Reste le financement du solde : sur le cas type à Saint-Victeur, le reste à charge d'un ménage très modeste ressort à 6 000 € après aide ANAH et prise en charge de l'accompagnement. Étalé sur quinze ans en éco-prêt à taux zéro, cela représente de l'ordre de 35 € par mois, à comparer aux 1 460 € d'économie annuelle attendue sur la facture d'énergie.
Le gisement local se lit dans les mêmes données : un bassin de travaux structuré autour de CC Haute Sarthe Alpes Mancelles, 283 diagnostics publiés pour 1 000 résidences principales, de l'ordre de 178 maisons individuelles. Ce volume ne préjuge d'aucune éligibilité individuelle : il indique seulement où se concentrent, à Saint-Victeur, les situations où le scénario décrit sur cette page a le plus de chances d'être pertinent.
Rapporté au plan de financement, la VMC représente de l'ordre de 14 % du montant plafonné retenu à Saint-Victeur. Un ménage très modeste voit donc ce seul poste couvert à hauteur de 4 320 € par MaPrimeRénov' Parcours accompagné, un ménage intermédiaire à hauteur de 2 430 €.
Deux classes ou trois, la différence est d'abord financière : 30 000 € HT contre 40 000 € HT d'assiette à Saint-Victeur. La VMC pesant environ 5 400 €, il reste à comparer le coût du lot supplémentaire au gain d'aide obtenu en franchissant le palier.
À l'échelle intercommunale, à Saint-Victeur relève de CC Haute Sarthe Alpes Mancelles. Les permanences France Rénov' de ce périmètre instruisent les demandes portant sur la pose d'une ventilation mécanique et recensent les aides locales cumulables, qui viennent en déduction du reste à charge calculé plus haut.

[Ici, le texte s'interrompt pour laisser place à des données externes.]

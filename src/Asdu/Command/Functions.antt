-- ===== src/Asdu/Command/Functions.antt =====
-- asdu/cproc.go, asdu/cpara.go and asdu/msys.go: the senders and the getters.
use go_iecp.Shared.{ℕ, ℤ, Bool, false, ◌||◌, [], ◌∷◌, Option, none, some, ◌==◌, if◌then◌else◌}
use go_iecp.Asdu.Error.{Result, err, cmd_cause}
use go_iecp.Asdu.TypeId.{p_me_na_1, p_me_nb_1, p_me_nc_1, p_ac_na_1, m_ei_na_1}
use go_iecp.Asdu.Identifier.{CauseOfTransmission}
use go_iecp.Asdu.Information.{CauseOfInitial}
use go_iecp.Asdu.Message.{Params, Asdu, valid, new_asdu}
use go_iecp.Asdu.System.{activation, deactivation}
use go_iecp.Asdu.Codec.{decode_info_obj_addr}
use go_iecp.Asdu.Monitor.{Element, append_infos, element_of}
use go_iecp.Asdu.Command
use go_iecp.Asdu.Command.{
  SingleCommandInfo, DoubleCommandInfo, SetpointCommandInfo, SetpointCommandFloatInfo,
  BitsString32CommandInfo, Parameter, ParameterActivationInfo,
}

module _ {I : Type 0} (el : Element I) where
  unfoldable pub send_command : Params → ℕ → CauseOfTransmission → ℕ → I → Result Asdu
  send_command p type_id coa ca cmd = elim (valid p) [
    | some e ↦ err e
    | none ↦ append_infos el type_id false false (cmd ∷ []) (
        new_asdu p (record {
          type_id = type_id;
          variable = record { number = 1; is_sequence = false };
          coa = coa;
          orig_addr = 0;
          common_addr = ca;
        }))
  ]

  abbrev pub read_command : ℕ → Option (ℕ × Asdu) → Option I
  read_command type_id none = none
  read_command type_id (some (x, a)) = elim (el.read type_id x a) [
    | none ↦ none
    | some (v, b) ↦ some v
  ]

  unfoldable pub get_command : Asdu → Option I
  get_command a = read_command a.type_id (decode_info_obj_addr a)

abbrev pub caused : Bool → Result Asdu → Result Asdu
caused passes sent = if passes then sent else err cmd_cause

abbrev controls : CauseOfTransmission → Bool
controls coa = coa.cause == activation || coa.cause == deactivation

abbrev pub initialized : CauseOfTransmission → CauseOfTransmission
initialized coa = record coa { cause = 4 }

module _ (p : Params) (coa : CauseOfTransmission) (ca : ℕ) where
  unfoldable pub single_cmd : ℕ → SingleCommandInfo → Result Asdu
  single_cmd type_id cmd =
      caused (controls coa) (send_command (element_of Command.single_cmd) p type_id coa ca cmd)

  unfoldable pub double_cmd : ℕ → DoubleCommandInfo → Result Asdu
  double_cmd type_id cmd =
      caused (controls coa) (send_command (element_of Command.double_cmd) p type_id coa ca cmd)

  unfoldable pub step_cmd : ℕ → DoubleCommandInfo → Result Asdu
  step_cmd type_id cmd =
      caused (controls coa) (send_command (element_of Command.step_cmd) p type_id coa ca cmd)

  unfoldable pub setpoint_cmd_normal : ℕ → SetpointCommandInfo → Result Asdu
  setpoint_cmd_normal type_id cmd =
      caused (controls coa)
        (send_command (element_of Command.setpoint_cmd_normal) p type_id coa ca cmd)

  unfoldable pub setpoint_cmd_scaled : ℕ → SetpointCommandInfo → Result Asdu
  setpoint_cmd_scaled type_id cmd =
      caused (controls coa)
        (send_command (element_of Command.setpoint_cmd_scaled) p type_id coa ca cmd)

  unfoldable pub setpoint_cmd_float : ℕ → SetpointCommandFloatInfo → Result Asdu
  setpoint_cmd_float type_id cmd =
      caused (controls coa)
        (send_command (element_of Command.setpoint_cmd_float) p type_id coa ca cmd)

  unfoldable pub bits_string32_cmd : ℕ → BitsString32CommandInfo → Result Asdu
  bits_string32_cmd type_id cmd =
      caused (controls coa)
        (send_command (element_of Command.bits_string32_cmd) p type_id coa ca cmd)

  unfoldable pub parameter_normal : Parameter ℤ → Result Asdu
  parameter_normal info =
      caused (coa.cause == activation)
        (send_command (element_of Command.parameter_normal) p p_me_na_1 coa ca info)

  unfoldable pub parameter_scaled : Parameter ℤ → Result Asdu
  parameter_scaled info =
      caused (coa.cause == activation)
        (send_command (element_of Command.parameter_scaled) p p_me_nb_1 coa ca info)

  unfoldable pub parameter_float : Parameter ℕ → Result Asdu
  parameter_float info =
      caused (coa.cause == activation)
        (send_command (element_of Command.parameter_float) p p_me_nc_1 coa ca info)

  unfoldable pub parameter_activation : ParameterActivationInfo → Result Asdu
  parameter_activation info =
      caused (controls coa)
        (send_command (element_of Command.parameter_activation) p p_ac_na_1 coa ca info)

  unfoldable pub end_of_initialization : ℕ → CauseOfInitial → Result Asdu
  end_of_initialization ioa coi =
      send_command (element_of Command.end_of_initialization) p m_ei_na_1 (initialized coa) ca
        (ioa, coi)

unfoldable pub get_single_cmd : Asdu → Option SingleCommandInfo
get_single_cmd = get_command (element_of Command.single_cmd)

unfoldable pub get_double_cmd : Asdu → Option DoubleCommandInfo
get_double_cmd = get_command (element_of Command.double_cmd)

unfoldable pub get_step_cmd : Asdu → Option DoubleCommandInfo
get_step_cmd = get_command (element_of Command.step_cmd)

unfoldable pub get_setpoint_cmd_normal : Asdu → Option SetpointCommandInfo
get_setpoint_cmd_normal = get_command (element_of Command.setpoint_cmd_normal)

unfoldable pub get_setpoint_cmd_scaled : Asdu → Option SetpointCommandInfo
get_setpoint_cmd_scaled = get_command (element_of Command.setpoint_cmd_scaled)

unfoldable pub get_setpoint_cmd_float : Asdu → Option SetpointCommandFloatInfo
get_setpoint_cmd_float = get_command (element_of Command.setpoint_cmd_float)

unfoldable pub get_bits_string32_cmd : Asdu → Option BitsString32CommandInfo
get_bits_string32_cmd = get_command (element_of Command.bits_string32_cmd)

unfoldable pub get_parameter_normal : Asdu → Option (Parameter ℤ)
get_parameter_normal = get_command (element_of Command.parameter_normal)

unfoldable pub get_parameter_scaled : Asdu → Option (Parameter ℤ)
get_parameter_scaled = get_command (element_of Command.parameter_scaled)

unfoldable pub get_parameter_float : Asdu → Option (Parameter ℕ)
get_parameter_float = get_command (element_of Command.parameter_float)

unfoldable pub get_parameter_activation : Asdu → Option ParameterActivationInfo
get_parameter_activation = get_command (element_of Command.parameter_activation)

unfoldable pub get_end_of_initialization : Asdu → Option (ℕ × CauseOfInitial)
get_end_of_initialization = get_command (element_of Command.end_of_initialization)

Situer le projet dans son département : à Saint-Victeur, en Sarthe, les mêmes barèmes nationaux s'appliquent, mais les prix d'entreprise et les délais varient d'un bassin à l'autre. Consulter trois devis sur la pose d'une ventilation mécanique dans ce périmètre reste la seule façon d'objectiver le coût.
Le climat entre dans le calcul réglementaire : la zone H2b applicable à Saint-Victeur correspond à une base de 225 kWh/m²/an. Plus cette base est élevée, plus la pose d'une ventilation mécanique rentabilise vite son surcoût, à performance identique.

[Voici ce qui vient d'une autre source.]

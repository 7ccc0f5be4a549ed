-- ===== src/Presentation.antt =====
-- Presentation: admin-web/shared/presentation-preferences.js and the names of
-- admin-web/shared/theme-presets.js. A text is its list of code points.
pub mod Normalized
mod Tests
use mqtt_trust_gateway.Base.{
  ℕ, String, Bool, true, false, ◌&&◌, ◌||◌, Option, none, some, List, [], ◌∷◌, leb, ◌==◌, ◌===◌,
  ◌-◌, if◌then◌else◌, codes, length, all, any, map, Result, ok, err, ◌>>=◌, ◌>>◌, require,
}

-- A value that is undefined, of a type that is not expected, or as expected.
pub data Given {ℓ} (A : Type ℓ) : Type ℓ where
  missing other : Given A
  given : A → Given A

pub data ChartUnit : Type 0 where
  minute hour : ChartUnit

pub record Charts : Type 0 where
  pub unit : ChartUnit
  pub days : ℕ
  pub refresh_seconds : ℕ
  pub show_failures : Bool

pub record Palette : Type 0 where
  pub primary : List ℕ
  pub background : List ℕ
  pub surface : List ℕ
  pub received : List ℕ
  pub sent : List ℕ

pub record Presentation : Type 0 where
  pub preset : String
  pub oled : Bool
  pub charts : Charts
  pub light : Palette
  pub dark : Palette

-- What is sent: a number, a test or a text that is missing or of another type is `none`, as is a number
-- that is no natural one; a unit that is neither is `other`. `preset` and `oled` count as missing where they are `null`.
pub record GivenCharts : Type 0 where
  pub unit : Given ChartUnit
  pub days : Option ℕ
  pub refresh_seconds : Option ℕ
  pub show_failures : Option Bool

pub record GivenPalette : Type 0 where
  pub primary : Option (List ℕ)
  pub background : Option (List ℕ)
  pub surface : Option (List ℕ)
  pub received : Option (List ℕ)
  pub sent : Option (List ℕ)

pub record GivenPresentation : Type 0 where
  pub preset : Given String
  pub oled : Given Bool
  pub charts : GivenCharts
  pub light : GivenPalette
  pub dark : GivenPalette

unfoldable pub default_presentation : Presentation
default_presentation = record {
  preset = "custom";
  oled = false;
  charts = record { unit = minute; days = 7; refresh_seconds = 15; show_failures = true };
  light = record {
    primary = codes "#1867C0";
    background = codes "#F5F7FA";
    surface = codes "#FFFFFF";
    received = codes "#1867C0";
    sent = codes "#4CAF50";
  };
  dark = record {
    primary = codes "#2196F3";
    background = codes "#0E131B";
    surface = codes "#212121";
    received = codes "#2196F3";
    sent = codes "#4CAF50";
  };
}

-- The names that a preset may have: `custom`, `default` and those of `themePresets`.
unfoldable pub preset_names : List String
preset_names =
    "custom" ∷ "default" ∷ "dracula" ∷ "catppuccin" ∷ "tokyo-night" ∷ "gruvbox" ∷ "kanagawa"
    ∷ "rose-pine" ∷ "everforest" ∷ "github" ∷ "nightfox" ∷ "solarized" ∷ "one" ∷ "ayu" ∷ "nord"
    ∷ "tailwind-zinc" ∷ []

-- /[0-9a-f]/i
abbrev pub is_color_digit : ℕ → Bool
is_color_digit c =
    (leb b'0' c && leb c b'9') || (leb b'a' c && leb c b'f') || (leb b'A' c && leb c b'F')

abbrev pub to_upper : ℕ → ℕ
to_upper c = if leb b'a' c && leb c b'z' then c - 32 else c

-- /^#[0-9a-f]{6}$/i
unfoldable pub is_color : List ℕ → Bool
is_color [] = false
is_color (c ∷ cs) = (c == b'#') && (length cs == 6) && all is_color_digit cs

unfoldable pub normalize_color : Option (List ℕ) → Result (List ℕ)
normalize_color none = err 500 "Colors must use #RRGGBB format"
normalize_color (some t) =
    if is_color t then ok (map to_upper t) else err 500 "Colors must use #RRGGBB format"

unfoldable pub normalize_palette : GivenPalette → Result Palette
normalize_palette g = do
  primary ← normalize_color g.primary
  background ← normalize_color g.background
  surface ← normalize_color g.surface
  received ← normalize_color g.received
  sent ← normalize_color g.sent
  ok record {
    primary = primary;
    background = background;
    surface = surface;
    received = received;
    sent = sent;
  }

unfoldable pub normalize_unit : Given ChartUnit → Result ChartUnit
normalize_unit missing = ok minute
normalize_unit other = err 500 "Invalid chart preferences"
normalize_unit (given u) = ok u

unfoldable pub normalize_choice : List ℕ → Option ℕ → Result ℕ
normalize_choice ns none = err 500 "Invalid chart preferences"
normalize_choice ns (some n) =
    if any (λ (m : ℕ). m == n) ns then ok n else err 500 "Invalid chart preferences"

unfoldable pub normalize_flag : Option Bool → Result Bool
normalize_flag none = err 500 "Invalid chart preferences"
normalize_flag (some b) = ok b

unfoldable pub normalize_preset : Given String → Result String
normalize_preset missing = ok "custom"
normalize_preset other = err 500 "Invalid theme preset or OLED preference"
normalize_preset (given name) =
    if any (λ (n : String). n === name) preset_names
    then ok name
    else err 500 "Invalid theme preset or OLED preference"

unfoldable pub normalize_oled : Given Bool → Result Bool
normalize_oled missing = ok false
normalize_oled other = err 500 "Invalid theme preset or OLED preference"
normalize_oled (given b) = ok b

-- `normalizePresentation`
unfoldable pub normalize_presentation : Given GivenPresentation → Result Presentation
normalize_presentation missing = ok default_presentation
normalize_presentation other = err 500 "Invalid chart preferences"
normalize_presentation (given g) = do
  days ← normalize_choice (1 ∷ 3 ∷ 7 ∷ []) g.charts.days
  refresh ← normalize_choice (5 ∷ 15 ∷ 30 ∷ 60 ∷ []) g.charts.refresh_seconds
  failures ← normalize_flag g.charts.show_failures
  unit ← normalize_unit g.charts.unit
  preset ← normalize_preset g.preset
  oled ← normalize_oled g.oled
  light ← normalize_palette g.light
  dark ← normalize_palette g.dark
  ok record {
    preset = preset;
    oled = oled;
    charts = record {
      unit = unit;
      days = days;
      refresh_seconds = refresh;
      show_failures = failures;
    };
    light = light;
    dark = dark;
  }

Le métré fait foi avant toute discussion de prix : à Saint-Victeur, sur une base de 110 m² en zone H2b, la pose d'une ventilation mécanique représente de l'ordre de 4 bouche d'extraction. Multiplié par un prix unitaire de 900 à 1 800 €, on obtient une fourchette de 3 600 € à 7 200 € TTC, que le plafond d'assiette de 40 000 € HT vient ensuite borner.
La part de propriétaires occupants — 80 % à Saint-Victeur — dessine le volume de projets réellement engageables à court terme sur la pose d'une ventilation mécanique, soit environ 147 logements. Le reste du parc suppose un montage locatif, avec ses propres conditions d'éligibilité.